Summary of Young person

Danielle is a 13 year old girl. Danielle has been diagnosed with autism and an oppositional defiance disorder. Danielle is under the care of a dietician due to concerns regarding a possible eating disorder. Danielle is under weight and is known to be reluctant to eat in the presence of others.

Danielle is prescribed medication to assist her to manage her behaviour.

Circumstances leading to placement

Danielle was initially referred to Barnardo’s due to her parent’s inability to manage her challenging and aggressive behaviour in the family home.

Danielle was admitted to a Barnardo’s residential home following a serious incident in the family home.

Immediate concerns at the start of the placement were as follows:

  • Danielle’s refusal to take her prescribed medication for several months prior to the placement
  • Danielle’s refusal to attend school
  • Danielle’s reluctance to leave her bedroom
  • Danielle’s reluctance to go out on social activities or attend appointments
  • Danielle’s refusal to have any contact with her mother and siblings
  • Danielle’s refusal to tend to her personal hygiene for months at a time
  • Danielle’s reluctance to eat in the presence of others


Danielle’s key workers have used a range of tools and strategies to work with her since her admission. These include; person centred planning, behaviour management plans, rewards systems, visual aids and school day plans, negotiation and consultation.

Since her admission to a Barnardo’s children’s home, Danielle has made significant progress and attained the following outcomes;

Short term outcomes

Danielle has now resumed attending school and is attending on a daily basis.

Staff members have negotiated a modified timetable with Danielle’s school (including a revised start time) in order to promote her school attendance.

Staff members use sand timers to help Danielle understand the concept of time. For example, Danielle uses a 10 minute sand timer in the mornings in order to help her to achieve key steps (such as getting up, getting dressed, applying her make up etc.) within the agreed timescales.

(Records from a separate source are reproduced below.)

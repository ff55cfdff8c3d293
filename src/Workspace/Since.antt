-- ===== src/Workspace/Since.antt =====
-- What the ledger answers: the paths that changed since a revision.

use arno.Base.{
  ℕ, suc, ◌+◌, ◌-◌, ◌<◌, ◌≤◌, ◌≡◌, refl, sym, ap, ◌∙◌, Bool, true, false, not, ◌||◌, ◌&&◌, List, [],
  ◌∷◌, ◌++◌, Option, none, some, Text, text_eq, text_eq_iff, if◌then◌else◌, Bool-cases, inl, inr,
  arith, length, length-append, length-drop, ltb→lt, ltb→le, drop, ltb, leb, ◌==◌, ==_iff, is_space,
  nat, has_prefix, trim_prefix,
}
use mathlib.Core.Path.{subst}
use arno.Base.Trim.{trim_space-Lacks}
use arno.Decimal.{max_int}
use arno.Decimal.RoundTrip.{atoi-itoa}
use arno.Decimal.Digits.{itoa-NoSpace}
use arno.Events.{Event, Bus}
use arno.Base.Sort.{has, has-sort_by}
use arno.Workspace.{
  Manager, RevisionEntry, occurs, add_once, add_all, sorted, paths_after, is_partial, since,
  max_ledger_entries, bump_revision, changed_since, newest, bumped, entry_paths, emit,
  revision_string,
}

-- Some bump behind revision `n` changed the path.
abbrev pub changed_after : Text → ℕ → List RevisionEntry → Bool
changed_after p n [] = false
changed_after p n (entry ∷ entries) =
    (not (leb entry.revision n) && occurs p entry.paths) || changed_after p n entries

occurs-append :
    (p : Text) (ps : List Text) (q : Text) → occurs p (ps ++ q ∷ []) ≡ (occurs p ps || text_eq q p)
unfolding occurs
occurs-append p [] q = ground arith
occurs-append p (r ∷ ps) q = ground (arith, occurs-append p ps q)

occurs-here :
    (p q : Text) (ps : List Text) → occurs q ps ≡ true → text_eq q p ≡ true → occurs p ps ≡ true
occurs-here p q ps h e = rw ((text_eq_iff q p).0 e) at h

pub occurs-add_once :
    (p : Text) (ps : List Text) (q : Text) → occurs p (add_once ps q) ≡ (occurs p ps || text_eq q p)
occurs-add_once p ps q = elim (Bool-cases (occurs q ps)) [
  | inl e ↦ rw e (ground (arith, occurs-here p q ps e))
  | inr e ↦ rw e (occurs-append p ps q)
]

occurs-add_all :
    (p : Text) (ps qs : List Text) → occurs p (add_all ps qs) ≡ (occurs p ps || occurs p qs)
unfolding add_all occurs
occurs-add_all p ps [] = ground arith
occurs-add_all p ps (q ∷ qs) =
    ground (arith, occurs-add_all p (add_once ps q) qs, occurs-add_once p ps q)

occurs-paths_after :
    (p : Text) (n : ℕ) (ps : List Text) (entries : List RevisionEntry)
    → occurs p (paths_after n ps entries) ≡ (occurs p ps || changed_after p n entries)
unfolding paths_after
occurs-paths_after p n ps [] = ground arith
occurs-paths_after p n ps (entry ∷ entries) = ground (
  arith,
  occurs-paths_after p n ps entries,
  occurs-paths_after p n (add_all ps entry.paths) entries,
  occurs-add_all p ps entry.paths,
)

has-occurs : (p : Text) (ps : List Text) → has (λ q. q) p ps ≡ occurs p ps
unfolding occurs
has-occurs p [] = refl
has-occurs p (q ∷ ps) = ground (arith, has-occurs p ps)

pub occurs-sorted : (p : Text) (ps : List Text) → occurs p (sorted ps) ≡ occurs p ps
occurs-sorted p ps = sym (has-occurs p (sorted ps)) ∙ has-sort_by (λ q. q) p ps ∙ has-occurs p ps

-- The entries from revision n + 1 on are numbered without gaps, up to the workspace's revision.
abbrev pub Numbered : ℕ → List RevisionEntry → Type 0
Numbered n [] = Unit
Numbered n (entry ∷ entries) = (entry.revision ≡ suc n) × Numbered (suc n) entries

-- Every bump since revision `oldest` is in the ledger, and the ledger is within its bound.
pub record IsLedger (oldest : ℕ) (m : Manager) : Type 0 where
  pub numbered : Numbered oldest m.ledger
  pub latest : oldest + length m.ledger ≡ m.revision
  pub bounded : length m.ledger ≤ max_ledger_entries

pub revision-read :
    (n : ℕ)
    → n ≤ max_int
    → (m : Manager) → changed_since (revision_string n) m ≡ since m (some (nat n))
revision-read n h m =
    unfold changed_since in
    rw (trim_space-Lacks (revision_string n) (unfold is_space in refl, itoa-NoSpace n))
      (unfold has_prefix trim_prefix in rw (atoi-itoa n h) refl)

pub complete :
    (oldest n : ℕ) (l : List RevisionEntry)
    → Numbered oldest l
    → oldest ≤ n
    → 0 < length l
    → is_partial n l ≡ false
complete oldest n [] h le pos = absurd (omega arith)
complete oldest n (entry ∷ l) (hd, tl) le pos = ground arith

none_after :
    (p : Text) (n : ℕ) (oldest : ℕ) (l : List RevisionEntry)
    → Numbered oldest l
    → oldest + length l ≤ n
    → changed_after p n l ≡ false
none_after p n oldest [] h le = refl
none_after p n oldest (entry ∷ l) (hd, tl) le = ground (arith, none_after p n (suc oldest) l tl)

occurs-nil : (p : Text) → occurs p [] ≡ false
unfolding occurs
occurs-nil p = refl

-- Where the ledger is numbered without gaps up to the current revision, and so keeps every bump
-- since a revision `oldest`: asked about a revision from 1 on that is not before `oldest` nor
-- behind the current one, and that an int can hold, the workspace answers, and a path is in the
-- answer exactly when an entry behind the asked revision names it.
pub changed_since-occurs :
    (oldest n : ℕ) (m : Manager)
    → IsLedger oldest m
    → 1 ≤ n
    → oldest ≤ n
    → n ≤ m.revision
    → n ≤ max_int
    → (paths : List Text) × (changed_since (revision_string n) m ≡ some paths)
      × ((p : Text) → occurs p paths ≡ changed_after p n m.ledger)
changed_since-occurs oldest n m h pos le le' fits = elim (Bool-cases (n == m.revision)) [
  | inl now ↦ (
    [],
    revision-read n fits m ∙ at_latest now,
    λ p.
        occurs-nil p
        ∙ sym (
            none_after p n oldest m.ledger h.numbered
              (omega (arith, h.latest, (==_iff n m.revision).0 now))),
  )
  | inr older ↦ (
    sorted (paths_after n [] m.ledger),
    revision-read n fits m ∙ before older,
    λ p.
        occurs-sorted p (paths_after n [] m.ledger)
        ∙ occurs-paths_after p n [] m.ledger
        ∙ ap (λ b. b || changed_after p n m.ledger) (occurs-nil p),
  )
]
  where
    at_latest : (n == m.revision) ≡ true → since m (some (nat n)) ≡ some []
    at_latest now = ground arith

    before :
        (n == m.revision) ≡ false
        → since m (some (nat n)) ≡ some (sorted (paths_after n [] m.ledger))
    before older =
        let nonempty : 0 < length m.ledger = ground (arith, h.latest) in
        let whole : is_partial n m.ledger ≡ false =
          complete oldest n m.ledger h.numbered le nonempty in
        ground (arith, whole)

Numbered-append :
    (n : ℕ) (l : List RevisionEntry) (entry : RevisionEntry)
    → Numbered n l
    → entry.revision ≡ suc (n + length l)
    → Numbered n (l ++ entry ∷ [])
Numbered-append n [] entry h e = (omega arith, tt)
Numbered-append n (x ∷ l) entry (hx, h) e = (hx, Numbered-append (suc n) l entry h (omega arith))

Numbered-drop :
    (n : ℕ) (l : List RevisionEntry) → Numbered n l → 0 < length l → Numbered (suc n) (drop 1 l)
Numbered-drop n [] h pos = absurd (omega arith)
Numbered-drop n (x ∷ l) (hx, h) pos = h

emit-IsLedger :
    (oldest : ℕ) (e : Event) (m : Manager) (b : Option Bus)
    → IsLedger oldest m
    → IsLedger oldest (emit e m b)
emit-IsLedger oldest e m none h = h
emit-IsLedger oldest e m (some b) h = record {
  numbered = h.numbered;
  latest = h.latest;
  bounded = h.bounded;
}

newest-Numbered :
    (oldest : ℕ) (l : List RevisionEntry)
    → Numbered oldest l
    → length l ≤ suc max_ledger_entries
    → let oldest' = if ltb max_ledger_entries (length l) then suc oldest else oldest in
      Numbered oldest' (newest max_ledger_entries l)
      × (oldest' + length (newest max_ledger_entries l) ≡ oldest + length l)
      × (length (newest max_ledger_entries l) ≤ max_ledger_entries)
newest-Numbered oldest l h le = elim (Bool-cases (ltb max_ledger_entries (length l))) [
  | inr e ↦ rw e (h, refl, ltb→le max_ledger_entries (length l) e)
  | inl e ↦
      let one : length l - max_ledger_entries ≡ 1 =
        omega (arith, ltb→lt max_ledger_entries (length l) e) in
      rw (e, one)
        (
          Numbered-drop oldest l h (omega (arith, one)),
          omega (arith, length-drop 1 l, one),
          omega (arith, length-drop 1 l, one),
        )
]

-- A bump keeps the ledger numbered without gaps up to the new revision and within its bound; a full
-- ledger gives up its oldest entry for that, and only then.
pub bump_revision-IsLedger :
    (oldest : ℕ) (changed_paths : List Text) (m : Manager)
    → IsLedger oldest m
    → IsLedger
        (if ltb max_ledger_entries (length m.ledger + 1) then suc oldest else oldest)
        (bump_revision changed_paths m).1
bump_revision-IsLedger oldest changed_paths m h =
    unfold bump_revision in
    emit-IsLedger _ _ _ m.bus (
      let entry : RevisionEntry = record {
        revision = m.revision + 1;
        paths = sorted (entry_paths [] changed_paths);
      } in
      let grown = length-append m.ledger (entry ∷ []) in
      let next =
        newest-Numbered oldest (m.ledger ++ entry ∷ [])
          (Numbered-append oldest m.ledger entry h.numbered (omega (arith, h.latest)))
          (omega (arith, grown, h.bounded)) in
      subst
        (λ n.
          IsLedger (if ltb max_ledger_entries n then suc oldest else oldest)
            (bumped changed_paths m))
        grown
        (record {
          numbered = next.0;
          latest = next.1 ∙ omega (arith, h.latest, grown);
          bounded = next.2;
        }))
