-- ===== src/Service/Apply/Made.antt =====
-- The loop over the edits of a batch that goes through: every edit made, one after the other.
use arno.Base.{
  Dict, Option, none, some, leb, ◌++◌, if◌then◌else◌, Bool-cases, inl, inr, ℕ, zero, ◌+◌, ◌≡◌, refl,
  sym, ap, ◌∙◌, Bool, false, ◌||◌, List, [], ◌∷◌, Text, text_eq, length, arith,
}
use arno.Disk.{Node, Disk}
use arno.Edits.Index.{Answer, ok, err}
use arno.Edits.Symbols.{Symbol}
use arno.Service.Apply.{ApplyResponse, max_snippets, EditOp, Progress, progressed, all_made}
use arno.Service.Apply.Run.{apply_one, after_one, apply_loop, show_written}
use arno.Service.Operations.{Formatter, format_files, snippets}
use arno.Service.Formatted.{snippets-files, snippets-observer}
use arno.Events.{Event, Bus}
use arno.Service.{Snippet}
use arno.Workspace.{bump_revision, bumped, emit, revision_string, Manager, occurs}
use arno.Workspace.Since.{occurs-add_once}

-- Some edit names the path.
abbrev pub touches : Text → List EditOp → Bool
touches p [] = false
touches p (o ∷ edits) = text_eq o.path p || touches p edits

abbrev pub sum_added : List (ℕ × ℕ) → ℕ
sum_added [] = zero
sum_added ((added, removed) ∷ counts) = added + sum_added counts

abbrev pub sum_removed : List (ℕ × ℕ) → ℕ
sum_removed [] = zero
sum_removed ((added, removed) ∷ counts) = removed + sum_removed counts

module _ (resolves : Text → Bool) (symbols_of : Text → Text → List Symbol) where
  -- Every edit is made on the disk that the one before it left, and answers the lines that it adds
  -- and removes.
  pub data Made : List EditOp → List (ℕ × ℕ) → Disk Manager → Disk Manager → Type 0 where
    none_left : (d : Disk Manager) → Made [] [] d d
    and_then :
        (o : EditOp) (edits : List EditOp) (lines : ℕ × ℕ) (counts : List (ℕ × ℕ))
        (d d' end : Disk Manager)
        → apply_one resolves symbols_of o d ≡ (ok lines, d')
        → Made edits counts d' end
        → Made (o ∷ edits) (lines ∷ counts) d end

  -- What the loop has counted when it goes through, and the disk that it leaves.
  pub record WentThrough (progress done : Progress) (edits : List EditOp) (d end : Disk Manager)
      : Type 0 where
    pub counts : List (ℕ × ℕ)
    pub edits_made : Made edits counts d end
    pub applied_eq : done.applied ≡ progress.applied + length edits
    pub added_eq : done.added ≡ progress.added + sum_added counts
    pub removed_eq : done.removed ≡ progress.removed + sum_removed counts
    pub touched_iff :
        (p : Text) → occurs p done.touched ≡ (occurs p progress.touched || touches p edits)

  or_nothing : (b : Bool) → b ≡ (b || false)
  or_nothing b = ground arith

  pub apply_loop-WentThrough :
      (index : ℕ) (progress done : Progress) (edits : List EditOp) (d : Disk Manager)
      → (apply_loop resolves symbols_of index progress edits d).0 ≡ all_made done
      → WentThrough progress done edits d (apply_loop resolves symbols_of index progress edits d).1
  unfolding apply_loop
  apply_loop-WentThrough index progress done [] d e =
      let same : progress ≡ done = cc in
      record {
        counts = [];
        edits_made = none_left d;
        applied_eq = ap (λ p. p.applied) (sym same) ∙ omega arith;
        added_eq = ap (λ p. p.added) (sym same) ∙ omega arith;
        removed_eq = ap (λ p. p.removed) (sym same) ∙ omega arith;
        touched_iff = λ p. ap (λ q. occurs p q.touched) (sym same) ∙ or_nothing _;
      }
  apply_loop-WentThrough index progress done (o ∷ edits) d e =
      by_answer (apply_one resolves symbols_of o d) refl
        (λ lines d'. apply_loop-WentThrough (index + 1) (progressed o lines progress) done edits d')
        e
    where
      by_answer :
          (r : Answer (ℕ × ℕ) × Disk Manager)
          → apply_one resolves symbols_of o d ≡ r
          → ((lines : ℕ × ℕ) (d' : Disk Manager)
              → (apply_loop resolves symbols_of
                  (index + 1)
                  (progressed o lines progress)
                  edits
                  d').0
                ≡ all_made done
              → WentThrough
                  (progressed o lines progress)
                  done
                  edits
                  d'
                  (apply_loop resolves symbols_of
                    (index + 1)
                    (progressed o lines progress)
                    edits
                    d').1)
          → (after_one resolves symbols_of
              (index + 1)
              o
              progress
              (λ progress d. apply_loop resolves symbols_of (index + 1) progress edits d)
              r).0
            ≡ all_made done
          → WentThrough progress done
              (o ∷ edits)
              d
              (after_one resolves symbols_of
                (index + 1)
                o
                progress
                (λ progress d. apply_loop resolves symbols_of (index + 1) progress edits d)
                r).1
      by_answer (err x, d') q go e = absurd cc
      by_answer (ok (added, removed), d') q go e =
          let h = go (added, removed) d' e in
          record {
            counts = (added, removed) ∷ h.counts;
            edits_made = and_then o edits (added, removed) h.counts d d' _ q h.edits_made;
            applied_eq = h.applied_eq ∙ omega arith;
            added_eq = h.added_eq ∙ omega arith;
            removed_eq = h.removed_eq ∙ omega arith;
            touched_iff =
                λ p. ground (arith, h.touched_iff p, occurs-add_once p progress.touched o.path);
          }

  pub show_written-same :
      (shown : List Snippet) (written : List EditOp) (d : Disk Manager)
      → ((show_written resolves symbols_of shown written d).1.files ≡ d.files)
        × ((show_written resolves symbols_of shown written d).1.observer ≡ d.observer)
  unfolding show_written
  show_written-same shown [] d = (refl, refl)
  show_written-same shown (o ∷ written) d = elim (Bool-cases (leb max_snippets (length shown))) [
    | inl e ↦ rw e (refl, refl)
    | inr e ↦
        let (more, d') = snippets resolves o.path o.new_text d in
        let rest = show_written-same (shown ++ more) written d' in
        rw e (
          rest.0 ∙ snippets-files resolves o.path o.new_text d,
          rest.1 ∙ snippets-observer resolves o.path o.new_text d,
        )
  ]

  pub bump_revision-next :
      (paths : List Text) (m : Manager) → (bump_revision paths m).1.revision ≡ m.revision + 1
  unfolding bump_revision
  bump_revision-next paths m = by_bus _ m.bus
    where
      by_bus : (e : Event) (b : Option Bus) → (emit e (bumped paths m) b).revision ≡ m.revision + 1
      by_bus e none = refl
      by_bus e (some b) = refl

  pub bump_revision-new :
      (paths : List Text) (m : Manager)
      → (bump_revision paths m).0.1 ≡ revision_string (m.revision + 1)
  unfolding bump_revision
  bump_revision-new paths m = refl

  pub occurs-none : (p : Text) (b : Bool) → (occurs p [] || b) ≡ b
  unfolding occurs
  occurs-none p b = refl

  module _ (formatter_for : Text → Option Formatter) where
    -- A batch of which every edit was made, from the files at its start on. `behind_edits` is the
    -- disk behind the last edit; the formatter then runs on the changed files where it is asked
    -- for, and the revision goes up by one.
    pub record MadeWhole (start : Dict Node) (format : Bool) (edits : List EditOp)
        (r : ApplyResponse) (d : Disk Manager) : Type 0 where
      pub begun : Disk Manager
      pub behind_edits : Disk Manager
      pub counts : List (ℕ × ℕ)
      pub from_start : begun.files ≡ start
      pub edits_made : Made edits counts begun behind_edits
      pub files_eq :
          d.files
          ≡ (format_files formatter_for (if format then r.changed else []) behind_edits).1.files
      pub revision_eq : d.observer.revision ≡ behind_edits.observer.revision + 1
      pub new_revision_eq : r.new_revision ≡ revision_string d.observer.revision
      pub applied_eq : r.applied ≡ length edits
      pub added_eq : r.added_lines ≡ sum_added counts
      pub removed_eq : r.removed_lines ≡ sum_removed counts
      pub changed_iff : (p : Text) → occurs p r.changed ≡ touches p edits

  • Danielle has resumed taking her prescribed medication following the encouragement of staff members.
  • Danielle is eating her meals with staff members and other young people.
  • Danielle is attending activities with staff members and other young people.
  • Danielle is tending to her personal hygiene on a weekly basis.
  • Danielle is now able to attend medical appointments. She therefore now has the opportunity to receive support from health professionals.
  • Danielle has been supported to re-establish contact with her father and paternal relatives.
  • Danielle is being supported to rebuild her relationship with her mother and siblings.

Long term outcomes

  • Due to Danielle’s present stability in the placement, the Children and Adolescent Mental Health team is now in a position to carry out a re-assessment of her needs. This re-assessment may result in a review of Danielle’s current care plan.
  • The current care plan stipulates that a long term therapeutic placement with onsite education and mental health support is to be identified for Danielle.  This could result in Danielle being placed further away from the family home and extended family members. However, a re-assessment of Danielle’s emotional and mental health needs could result in a change of the care plan. This could lead to the possibility of Barnardo’s becoming Danielle’s long term placement.
  • A potential long term outcome is the attainment of educational qualifications. Danielle is attending a mainstream school. Danielle’s placement at Barnardo’s has meant that she is able to continue to attend her school. Danielle’s improved school attendance has meant that her school is now in a position to carry out a Personal Education Plan and ensure that Danielle receives the support that she requires.

Contribution of Social Pedagogy

The staff team’s social pedagogy training has provided them with the skills, resilience and confidence to work with a young person who was extremely emotionally and physically withdrawn at the start of the placement. For example, Danielle would frequently lock herself away in her bedroom and opt to relieve herself in her room to avoid having to come out of her room to use the bathroom.

Staff members first began to make a break through with Danielle by opting to engage in meaningful conversation with her at night. Danielle tends to actively seek staff attention at night as she has difficulty sleeping. Staff members used this opportunity to discuss Danielle’s feelings and wishes.

One of the night workers was allocated to co-key work Danielle. As a result, was able to contribute to the developing of her Person Centred plan, rewards programme, a daily routine schedule and a behaviour management plan.

As Danielle is now settled into an established routine she is now better able to sleep at night. Additionally, she is now able to able to engage with all staff members throughout the day.